L’expatriation n’est pas sans conséquences financières sur le patrimoine, le revenu et la gestion de trésorerie des ménages, notamment en matière fiscale. Aussi convient-il de passer en revue tous ces aspects avant de partir pour d’autres horizons.
Expatriation et comptes bancaires
L’expatrié peut conserver son compte en banque en France et/ou ouvrir un compte dans un établissement bancaire à l’étranger.
Il est préférable de disposer d’un compte en devise ou en monnaie locale convertible, pour faciliter les opérations financières entre pays.
Dans le cas d’une expatriation dans l’un des pays de la zone euro, les frais de gestion transfrontaliers sont alignés sur ceux pratiqués en France pour les paiements par carte et les retraits depuis le 1er juillet 2002, pour les virements depuis le 1er juillet 2003.
Expatriation et gestion des placements
En partant à l’étranger, l’expatrié peut conserver ses portefeuilles d’actions ou d’obligations.
Comme lorsqu’il réside en France, il peut choisir plusieurs modes de gestion.
La gestion sous mandat
La gestion sous mandat, ou gestion déléguée permet à l’expatrié de confier la gestion de son portefeuille à un conseiller financier.
La gestion assistée
Dans le cas de la gestion assistée, l’expatrié prend les décisions de gestion, après consultation d’un conseiller financier qui transmet les ordres.
La gestion directe
En gestion directe, l’expatrié prend les décisions et envoie ses ordres directement.
(voir l’article consacré aux différents types de gestion)
Expatriation et fiscalité
Impôt sur le revenu (IR) et Impôt de solidarité sur la fortune (ISF)

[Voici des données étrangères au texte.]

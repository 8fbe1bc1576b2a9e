-- ===== src/Prelude/Lists.antt =====
-- Lists measured and indexed by native numbers, under the library's names, and Rust's iterator
-- operations on them.
use Prim.Native.Nat.{ℕ, zero, suc, ◌≤◌, ◌<◌}
use mathlib.Core.Path.{◌≡◌, refl, sym, ap, ◌∙◌, subst}
use mathlib.Core.Logic.{inl, inr}
use mathlib.Core.Bool.{Bool, true, false, ◌&&◌, ◌||◌}
use mathlib.Core.List.{List, [], ◌∷◌}
use mathlib.Core.Option.{Option, none, some}
use native.Mathlib.Omega.{arith}
use hypr_taskspace.Prelude.Tests.{Eq, ◌==◌, if◌then◌else◌, Bool-cases}

module _ {ℓ} {A : Type ℓ} where
  abbrev pub length : List A → ℕ
  length [] = 0
  length (x ∷ xs) = suc (length xs)

  abbrev pub get_elem? : List A → ℕ → Option A
  get_elem? [] i = none
  get_elem? (x ∷ xs) zero = some x
  get_elem? (x ∷ xs) (suc i) = get_elem? xs i

  abbrev pub take : ℕ → List A → List A
  take zero xs = []
  take (suc n) [] = []
  take (suc n) (x ∷ xs) = x ∷ take n xs

  -- `iter().find(p)`
  abbrev pub find : (A → Bool) → List A → Option A
  find p [] = none
  find p (x ∷ xs) = if p x then some x else find p xs

  -- `iter().filter(p)`
  abbrev pub filter : (A → Bool) → List A → List A
  filter p [] = []
  filter p (x ∷ xs) = if p x then x ∷ filter p xs else filter p xs

  -- `iter().any(p)`
  abbrev pub any : (A → Bool) → List A → Bool
  any p [] = false
  any p (x ∷ xs) = p x || any p xs

  -- `iter().all(p)`
  abbrev pub all : (A → Bool) → List A → Bool
  all p [] = true
  all p (x ∷ xs) = p x && all p xs

  -- `iter().next()`, `first()`
  abbrev pub head? : List A → Option A
  head? [] = none
  head? (x ∷ xs) = some x

  -- `sort_by`: a stable sort, where `before a b` says that `a` may stand before `b`
  abbrev pub insert_sorted : (A → A → Bool) → A → List A → List A
  insert_sorted before a [] = a ∷ []
  insert_sorted before a (x ∷ xs) = if before a x then a ∷ x ∷ xs else x ∷ insert_sorted before a xs

  abbrev pub sort_by : (A → A → Bool) → List A → List A
  sort_by before [] = []
  sort_by before (x ∷ xs) = insert_sorted before x (sort_by before xs)

  -- Membership as data: which element it is.
  pub data Member (a : A) : List A → Type ℓ where
    here : {x : A} {xs : List A} → a ≡ x → Member a (x ∷ xs)
    there : {x : A} {xs : List A} → Member a xs → Member a (x ∷ xs)

  pub get_elem?-lt : (xs : List A) (i : ℕ) → i < length xs → (a : A) × (get_elem? xs i ≡ some a)
  get_elem?-lt [] i h = elim h [ ]
  get_elem?-lt (x ∷ xs) zero h = (x, refl)
  get_elem?-lt (x ∷ xs) (suc i) h = get_elem?-lt xs i (omega arith)

  pub get_elem?-ge : (xs : List A) (i : ℕ) → length xs ≤ i → get_elem? xs i ≡ none
  get_elem?-ge [] i h = refl
  get_elem?-ge (x ∷ xs) zero h = absurd (omega arith)
  get_elem?-ge (x ∷ xs) (suc i) h = get_elem?-ge xs i (omega arith)

  -- Two places hold two elements.
  abbrev pub Distinct : List A → Type ℓ
  Distinct [] = Unit
  Distinct (x ∷ xs) = (¬ (Member x xs)) × Distinct xs

module _ {ℓ κ} {A : Type ℓ} (P : A → Type κ) where
  abbrev pub All : List A → Type κ
  All [] = Unit
  All (x ∷ xs) = P x × All xs

module _ {ℓ κ} {A : Type ℓ} (P : A → Type κ) where
  pub All-Member : {a : A} {xs : List A} → Member a xs → All P xs → P a
  All-Member (here {x} e) (p, h) = subst P (sym e) p
  All-Member (there m) (p, h) = All-Member m h

module _ {ℓ} {A : Type ℓ} where
  pub find_sound :
      (p : A → Bool) (xs : List A) (a : A) → find p xs ≡ some a → Member a xs × (p a ≡ true)
  find_sound p [] a h = cc
  find_sound p (x ∷ xs) a h = elim (Bool-cases (p x)) [
    | inl hit ↦ (here (ground arith), ground arith)
    | inr miss ↦ let (m, holds) = find_sound p xs a (rw miss at h) in (there m, holds)
  ]

  pub find_complete :
      (p : A → Bool) {a : A} {xs : List A}
      → Member a xs
      → p a ≡ true
      → (b : A) × (find p xs ≡ some b)
  find_complete p (here {x} e) h = (x, rw (ap p (sym e) ∙ h))
  find_complete p (there {x} m) h = elim (Bool-cases (p x)) [
    | inl hit ↦ (x, rw hit)
    | inr miss ↦ let (b, e) = find_complete p m h in (b, rw (miss, e))
  ]

module _ {ℓ} {A : Type ℓ} ⦃e : Eq A⦄ where
  -- `iter().any(|x| x == a)`, `contains(&a)`
  abbrev pub contains : List A → A → Bool
  contains [] a = false
  contains (x ∷ xs) a = x == a || contains xs a

  -- `iter().position(|x| x == a)`
  abbrev pub position : List A → A → Option ℕ
  position [] a = none
  position (x ∷ xs) a =
      if x == a then some 0 else elim (position xs a) [ none ↦ none | some i ↦ some (suc i) ]

  pub contains_sound : (xs : List A) (a : A) → contains xs a ≡ true → Member a xs
  contains_sound [] a h = cc
  contains_sound (x ∷ xs) a h = elim (Bool-cases (x == a)) [
    | inl same ↦ here (sym ((e.equals_iff x a).0 same))
    | inr other ↦ there (contains_sound xs a (rw other at h))
  ]

  pub contains_complete : {a : A} {xs : List A} → Member a xs → contains xs a ≡ true
  contains_complete {a} (here {x} p) = rw ((e.equals_iff x a).1 (sym p))
  contains_complete {a} (there {x} {xs} m) = ground (arith, contains_complete m)

  pub position_sound :
      (xs : List A) (a : A) (i : ℕ) → position xs a ≡ some i → get_elem? xs i ≡ some a
  position_sound [] a i h = cc
  position_sound (x ∷ xs) a zero h = ground (arith, e.equals_iff x a)
  position_sound (x ∷ xs) a (suc i) h = ground (arith, e.equals_iff x a, position_sound xs a i)

  pub position-none : (xs : List A) (a : A) → ¬ (Member a xs) → position xs a ≡ none
  position-none [] a h = refl
  position-none (x ∷ xs) a h = elim (Bool-cases (x == a)) [
    | inl same ↦ absurd (h (here (sym ((e.equals_iff x a).0 same))))
    | inr other ↦ rw other (ground (arith, position-none xs a (λ m. h (there m))))
  ]

  pub position-Member : {a : A} {xs : List A} → Member a xs → (i : ℕ) × (position xs a ≡ some i)
  position-Member {a} (here {x} p) = (0, rw ((e.equals_iff x a).1 (sym p)) refl)
  position-Member {a} (there {x} {xs} m) = elim (Bool-cases (x == a)) [
    | inl same ↦ (0, rw same refl)
    | inr other ↦ let (i, found) = position-Member m in (suc i, rw other (rw found refl))
  ]

  pub get_elem?-Member : (xs : List A) (i : ℕ) (a : A) → get_elem? xs i ≡ some a → Member a xs
  get_elem?-Member [] i a h = cc
  get_elem?-Member (x ∷ xs) zero a h = here (cc)
  get_elem?-Member (x ∷ xs) (suc i) a h = there (get_elem?-Member xs i a h)

  pub position-get_elem? :
      (xs : List A) (i : ℕ) (a : A) → Distinct xs → get_elem? xs i ≡ some a → position xs a ≡ some i
  position-get_elem? [] i a d h = cc
  position-get_elem? (x ∷ xs) zero a d h = ground (arith, e.equals_iff x a)
  position-get_elem? (x ∷ xs) (suc i) a (fresh, d) h = elim (Bool-cases (x == a)) [
    | inl same ↦ absurd (fresh (rw ((e.equals_iff x a).0 same) (get_elem?-Member xs i a h)))
    | inr other ↦ rw (other, position-get_elem? xs i a d h)
  ]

Les règles de fiscalité applicables aux expatriés se basent sur la différence entre résident et non-résident fiscal.
(voir l’article consacré à la fiscalité de l’expatriation)
Expatriation et taxes locales
Si l’expatrié est propriétaire d’une résidence principale en France, il est redevable de la taxe d’habitation. De même, la taxe foncière est due sur tous les biens fonciers.
Expatriation et produits financiers
La notion de non-résident n’est pas sans conséquences sur la détention de certains produits financiers, ouverts aux seuls résidents français.
Ainsi, l’expatrié non-résident ne peut pas ouvrir ou conserver un Livret d’épargne populaire (LEP), un Livret de développement durable (LDD), un Plan d’épargne en actions (PEA), ou un livret jeune. Il peut cependant ouvrir et détenir un contrat d’assurance-vie, et le gérer à distance grâce à Internet. La non-résidence fiscale entraîne pour eux l’exonération des prélèvements sociaux.